Cognitive hacking is a cyber attack where threat actors manipulate victims’ perceptions by exploiting their psychological weaknesses. Attackers primarily use disinformation in their campaigns to fuel people’s biases and prejudices.

Read More about Cognitive Hacking

Cognitive hacking often brings riots, protests, and, ultimately, revolutions, and we’ve seen these over time.

James Bone, in “Cognitive Hack: Trust, Deception and Blind Spots,” in fact, gave a fascinating quote regarding cognitive hacking—“Only amateurs attack machines; professionals target people.” And that’s precisely what happens in such a threat. So instead of compromising a target computer network, attackers focus on people.

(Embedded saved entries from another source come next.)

-- ===== src/Service/Market.antt =====
-- internal/service/market.go: the transactions that the service builds, and a user's balances.
pub mod Laws
pub mod Closing
use total.Prelude.{ℕ, Bool, true, false, [], ◌∷◌, ◌++◌}
use total.Prelude.Int.{ℤ, pos, ltb_ℤ}
use total.Bytes.{Bytes, text, show_int}
use total.Errors.{
  Result, ok, err, both, Action, ◌>>=◌, ◌>>◌, during, lift, pure, reject, plain, wrapped,
}
use total.Model.{TransactionResult, validate_stellar_public_key, one_float}
use total.Stellar.Builder.{
  build_buy_tx, build_sell_tx, build_resolve_tx, build_claim_tx, build_withdraw_tx,
  simulate_and_prepare_tx,
}
use total.Stellar.Queries.{build_get_balance_tx}
use total.Soroban.Types.{outcome_to_u32, outcome_yes, outcome_no}
use total.Soroban.ScVal.{decode_i128}
use total.Soroban.Address.{parse_return_value, validate_contract_id}
use total.Soroban.Client.{State, simulate_transaction}
use total.Service.Amount.{safe_float_to_int64, scale}
use total.Service.Requests.{
  TradeRequest, ResolveRequest, ClaimRequest, WithdrawRequest, validate_trade, validate_resolve,
  validate_claim, validate_withdraw,
}
use total.Service.Reading.{MarketService, check, first_xdr}
use total.Service.Quotes.{get_quote, get_sell_quote}
use total.Platform.{Platform}

-- `cost <= 0` of an int64
abbrev pub not_positive : ℤ → Bool
not_positive c = ltb_ℤ c (pos 1)

module _ (P : Platform) where
  open P use {floats}

  -- The end of every builder: simulate, and return what is to be signed.
  unfoldable pub prepared :
      MarketService → Bytes → Bytes → Bytes → Action (State P) TransactionResult
  prepared m tx_xdr description sign_with = do
    xdr ← during "failed to simulate transaction: " (simulate_and_prepare_tx P m.tx_builder tx_xdr)
    pure (record {
      xdr = xdr;
      description = description;
      sign_with = sign_with;
      submit_url = m.soroban_client.rpc_url;
    })

  -- The scaled amount of a trade.
  unfoldable pub scaled_amount : floats.Float → Result ℤ
  scaled_amount amount = safe_float_to_int64 floats (floats.mul amount (scale floats))

  -- `float64(cost) * (1 + slippage)` as an int64.
  unfoldable pub max_cost : ℤ → floats.Float → Result ℤ
  max_cost cost slippage =
      safe_float_to_int64 floats
        (floats.mul (floats.of_int cost) (floats.add (one_float floats) slippage))

  -- `float64(return) * (1 - slippage)` as an int64.
  unfoldable pub min_return : ℤ → floats.Float → Result ℤ
  min_return amount slippage =
      safe_float_to_int64 floats
        (floats.mul (floats.of_int amount) (floats.sub (one_float floats) slippage))

  unfoldable pub build_buy_tx_for :
      MarketService → TradeRequest P → Action (State P) TransactionResult
  unfolding prepared
  build_buy_tx_for m r = do
    check "buy request validation failed: " (validate_trade P r)
    amount ← during "invalid share amount: " (lift (scaled_amount r.share_amount))
    quote ← during "failed to get quote: " (get_quote P m r.contract_id r.outcome r.share_amount)
    reject (not_positive quote.cost) (
        plain (
          text "invalid quote cost: "
          ++ (show_int quote.cost ++ text " (expected positive value)")))
    limit ← during "max cost calculation overflow: " (lift (max_cost quote.cost r.slippage))
    outcome ← during "invalid outcome: " (lift (outcome_to_u32 P.quote r.outcome))
    tx_xdr ← during "failed to build transaction: " (
        build_buy_tx P m.tx_builder (record {
          user_public_key = r.user_public_key;
          contract_id = r.contract_id;
          outcome = outcome;
          amount = amount;
          max_cost = limit;
        }))
    prepared m tx_xdr
        (text "Buy "
          ++ (floats.show_fixed 2 r.share_amount ++ (text " " ++ (r.outcome ++ text " tokens"))))
        r.user_public_key

  unfoldable pub build_sell_tx_for :
      MarketService → TradeRequest P → Action (State P) TransactionResult
  unfolding prepared
  build_sell_tx_for m r = do
    check "sell request validation failed: " (validate_trade P r)
    amount ← during "invalid share amount: " (lift (scaled_amount r.share_amount))
    quote ←
        during "failed to get sell quote: "
          (get_sell_quote P m r.contract_id r.outcome r.share_amount)
    reject (not_positive quote.return_amount) (
        plain (
          text "invalid sell return: "
          ++ (show_int quote.return_amount ++ text " (expected positive value)")))
    limit ←
        during "min return calculation overflow: "
          (lift (min_return quote.return_amount r.slippage))
    outcome ← during "invalid outcome: " (lift (outcome_to_u32 P.quote r.outcome))
    tx_xdr ← during "failed to build transaction: " (
        build_sell_tx P m.tx_builder (record {
          user_public_key = r.user_public_key;
          contract_id = r.contract_id;
          outcome = outcome;
          amount = amount;
          min_return = limit;
        }))
    prepared m tx_xdr
        (text "Sell "
          ++ (floats.show_fixed 2 r.share_amount ++ (text " " ++ (r.outcome ++ text " tokens"))))
        r.user_public_key

  unfoldable pub build_resolve_tx_for :
      MarketService → ResolveRequest → Action (State P) TransactionResult
  unfolding prepared
  build_resolve_tx_for m r = do
    check "resolve request validation failed: " (validate_resolve P r)
    outcome ← during "invalid outcome: " (lift (outcome_to_u32 P.quote r.winning_outcome))
    tx_xdr ← during "failed to build transaction: " (
        build_resolve_tx P m.tx_builder (record {
          oracle_public_key = r.oracle_public_key;
          contract_id = r.contract_id;
          winning_outcome = outcome;
        }))
    prepared m tx_xdr (text "Resolve market: " ++ (r.winning_outcome ++ text " wins"))
        r.oracle_public_key

  unfoldable pub build_claim_tx_for :
      MarketService → ClaimRequest → Action (State P) TransactionResult
  unfolding prepared
  build_claim_tx_for m r = do
    check "claim request validation failed: " (validate_claim P r)
    tx_xdr ← during "failed to build transaction: " (
        build_claim_tx P m.tx_builder
          (record { user_public_key = r.user_public_key; contract_id = r.contract_id }))
    prepared m tx_xdr (text "Claim winnings") r.user_public_key

  unfoldable pub build_withdraw_tx_for :
      MarketService → WithdrawRequest → Action (State P) TransactionResult
  unfolding prepared
  build_withdraw_tx_for m r = do
    check "withdraw request validation failed: " (validate_withdraw P r)
    tx_xdr ← during "failed to build transaction: " (
        build_withdraw_tx P m.tx_builder
          (record { oracle_public_key = r.oracle_public_key; contract_id = r.contract_id }))
    prepared m tx_xdr (text "Withdraw remaining pool") r.oracle_public_key

  -- `getOutcomeBalance`: 0 where the simulation returns nothing.
  unfoldable pub get_outcome_balance : MarketService → Bytes → Bytes → ℕ → Action (State P) ℤ
  get_outcome_balance m contract_id account outcome = do
    tx_xdr ← during "failed to build get_balance tx: " (
        build_get_balance_tx P m.tx_builder (record {
          user_public_key = m.oracle_public_key;
          contract_id = contract_id;
          account = account;
          outcome = outcome;
        }))
    sim ← during "failed to simulate get_balance: " (simulate_transaction P m.soroban_client tx_xdr)
    elim (first_xdr sim.results) [
      | [] ↦ pure (pos 0)
      | b ∷ bs ↦ do
        value ← during "failed to parse return value: " (lift (parse_return_value P (b ∷ bs)))
        during "failed to decode balance: " (lift (decode_i128 value))
    ]

  pub record UserBalance : Type 0 where
    pub yes_balance : floats.Float
    pub no_balance : floats.Float

  -- The two answers, the one for YES looked at first.
  unfoldable pub join_balances : Result ℤ → Result ℤ → Result UserBalance
  join_balances (err e) no_result = err (wrapped "failed to get YES balance: " e)
  join_balances (both a e) no_result = err (wrapped "failed to get YES balance: " e)
  join_balances (ok a) (err e) = err (wrapped "failed to get NO balance: " e)
  join_balances (ok a) (both b e) = err (wrapped "failed to get NO balance: " e)
  join_balances (ok a) (ok b) = ok (record {
    yes_balance = floats.div (floats.of_int a) (scale floats);
    no_balance = floats.div (floats.of_int b) (scale floats);
  })

  -- The two goroutines of `GetBalance`, one after the other: the flag says whether that for YES
  -- runs first. Both run to their end, whatever the other returns.
  unfoldable pub fetch_balances :
      Bool → MarketService → Bytes → Bytes → State P → Result UserBalance × State P
  unfolding join_balances
  fetch_balances true m contract_id account s =
      let (a, s') = get_outcome_balance m contract_id account outcome_yes s in
      let (b, s'') = get_outcome_balance m contract_id account outcome_no s' in
      (join_balances a b, s'')
  fetch_balances false m contract_id account s =
      let (b, s') = get_outcome_balance m contract_id account outcome_no s in
      let (a, s'') = get_outcome_balance m contract_id account outcome_yes s' in
      (join_balances a b, s'')

  unfoldable pub get_balance : Bool → MarketService → Bytes → Bytes → Action (State P) UserBalance
  unfolding fetch_balances
  get_balance yes_first m contract_id account = do
    check "invalid contract ID: " (validate_contract_id P contract_id)
    check "invalid account: " (validate_stellar_public_key account)
    fetch_balances yes_first m contract_id account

What Tools Usually Figure in Cognitive Hacking?

Since cognitive hacking relies on changing people’s perceptions, threat actors usually employ the tools below.

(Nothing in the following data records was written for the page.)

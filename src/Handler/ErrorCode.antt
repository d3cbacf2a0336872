-- ===== src/Handler/ErrorCode.antt =====
-- internal/handler/market.go: `extractLastErrorCode` and `mapContractError`.
pub mod Laws
pub mod Last
use total.Prelude.{
  String, ℕ, zero, suc, ◌+◌, Bool, Option, none, some, List, [], ◌∷◌, ◌++◌, length, take, drop,
  if◌then◌else◌,
}
use total.Prelude.Int.{ℤ, pos, negsuc, eqb_ℤ, ltb_ℤ}
use total.Bytes.{Bytes, text, index, parse_int, show_int}

pub record ErrorResponse : Type 0 where
  pub message : Bytes
  pub status : ℕ

-- The status codes of net/http.
abbrev pub bad_request : ℕ
bad_request = 400

abbrev pub not_found : ℕ
not_found = 404

abbrev pub conflict : ℕ
conflict = 409

abbrev pub internal_server_error : ℕ
internal_server_error = 500

abbrev pub bad_gateway : ℕ
bad_gateway = 502

abbrev pub service_unavailable : ℕ
service_unavailable = 503

abbrev pub gateway_timeout : ℕ
gateway_timeout = 504

unfoldable pub marker : Bytes
marker = text "Error(Contract, #"

unfoldable pub closing : Bytes
closing = text ")"

abbrev pub parsed_or : ℤ → Option ℤ → ℤ
parsed_or last none = last
parsed_or last (some code) = code

-- The loop on `errStr[i:]`, with the last code so far. A round that goes on drops a byte at least.
unfoldable pub scan : ℕ → Bytes → ℤ → ℤ
scan zero rest last = last
scan (suc fuel) rest last = elim (index rest marker) [
  | none ↦ last
  | some i ↦ elim (index (drop (i + length marker) rest) closing) [
    | none ↦ last
    | some end ↦
        scan fuel (drop 1 (drop (i + length marker) rest))
          (parsed_or last (parse_int (take end (drop (i + length marker) rest))))
  ]
]

unfoldable pub extract_last_error_code : Bytes → ℤ
unfolding scan
extract_last_error_code s = scan (length s) s (negsuc 0)

abbrev pub answer : String → ℕ → ErrorResponse
answer message status = record { message = text message; status = status }

unfoldable pub response_of_code : ℤ → ErrorResponse
response_of_code code =
    if eqb_ℤ code (pos 15)
    then answer "Insufficient pool balance." bad_request
    else if eqb_ℤ code (pos 14)
    then answer "Contract storage corrupted." internal_server_error
    else if eqb_ℤ code (pos 13)
    then answer "Nothing to claim. You either have no winning tokens or already claimed."
        bad_request
    else if eqb_ℤ code (pos 12)
    then answer "Arithmetic overflow." bad_request
    else if eqb_ℤ code (pos 11)
    then answer "Invalid liquidity parameter." bad_request
    else if eqb_ℤ code (pos 10)
    then answer
        "Transaction failed. Check that your account has enough EURMTL and the collateral token trustline."
        bad_request
    else if eqb_ℤ code (pos 9)
    then answer "Return amount too low." bad_request
    else if eqb_ℤ code (pos 8)
    then answer "Slippage exceeded. Price moved unfavorably." bad_request
    else if eqb_ℤ code (pos 7)
    then answer "Insufficient token balance." bad_request
    else if eqb_ℤ code (pos 6)
    then answer "Invalid amount." bad_request
    else if eqb_ℤ code (pos 5)
    then answer "Invalid outcome. Must be YES (0) or NO (1)." bad_request
    else if eqb_ℤ code (pos 4)
    then answer "Market has not been resolved yet." bad_request
    else if eqb_ℤ code (pos 3)
    then answer "Market has already been resolved." conflict
    else if eqb_ℤ code (pos 2)
    then answer "Contract is not initialized." bad_request
    else if eqb_ℤ code (pos 1)
    then answer "Contract is already initialized." conflict
    else if ltb_ℤ code (pos 0)
    then answer "Contract error occurred. Please try again." bad_request
    else record {
      message = text "Contract error #" ++ (show_int code ++ text " occurred.");
      status = bad_request;
    }

unfoldable pub map_contract_error : Bytes → ErrorResponse
unfolding response_of_code
map_contract_error s = response_of_code (extract_last_error_code s)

  • Social media: 4.7 billion people troop to social networking sites as of July 2022. Many of them could easily fall for misinformation or disinformation regarding people, particularly politicians and the world’s most influential business leaders. 
  • Fake news sites: 80% of adults in the U.S. alone have consumed fake news at one time or another. Like people who readily trust what they read on social media, those who knowingly or unknowingly frequent nontraditional news sources could be incited to change their perceptions of current events and act accordingly. 
  • Troll farms: These malicious companies employing hundreds to thousands of disinformation spreaders online have grown in number over time. 

Is Cognitive Hacking the Same as Spreading Fake News?

Given that fake news sites aren’t the only tools cognitive hackers use, we can say that spreading fake news is just a subset of cognitive hacking.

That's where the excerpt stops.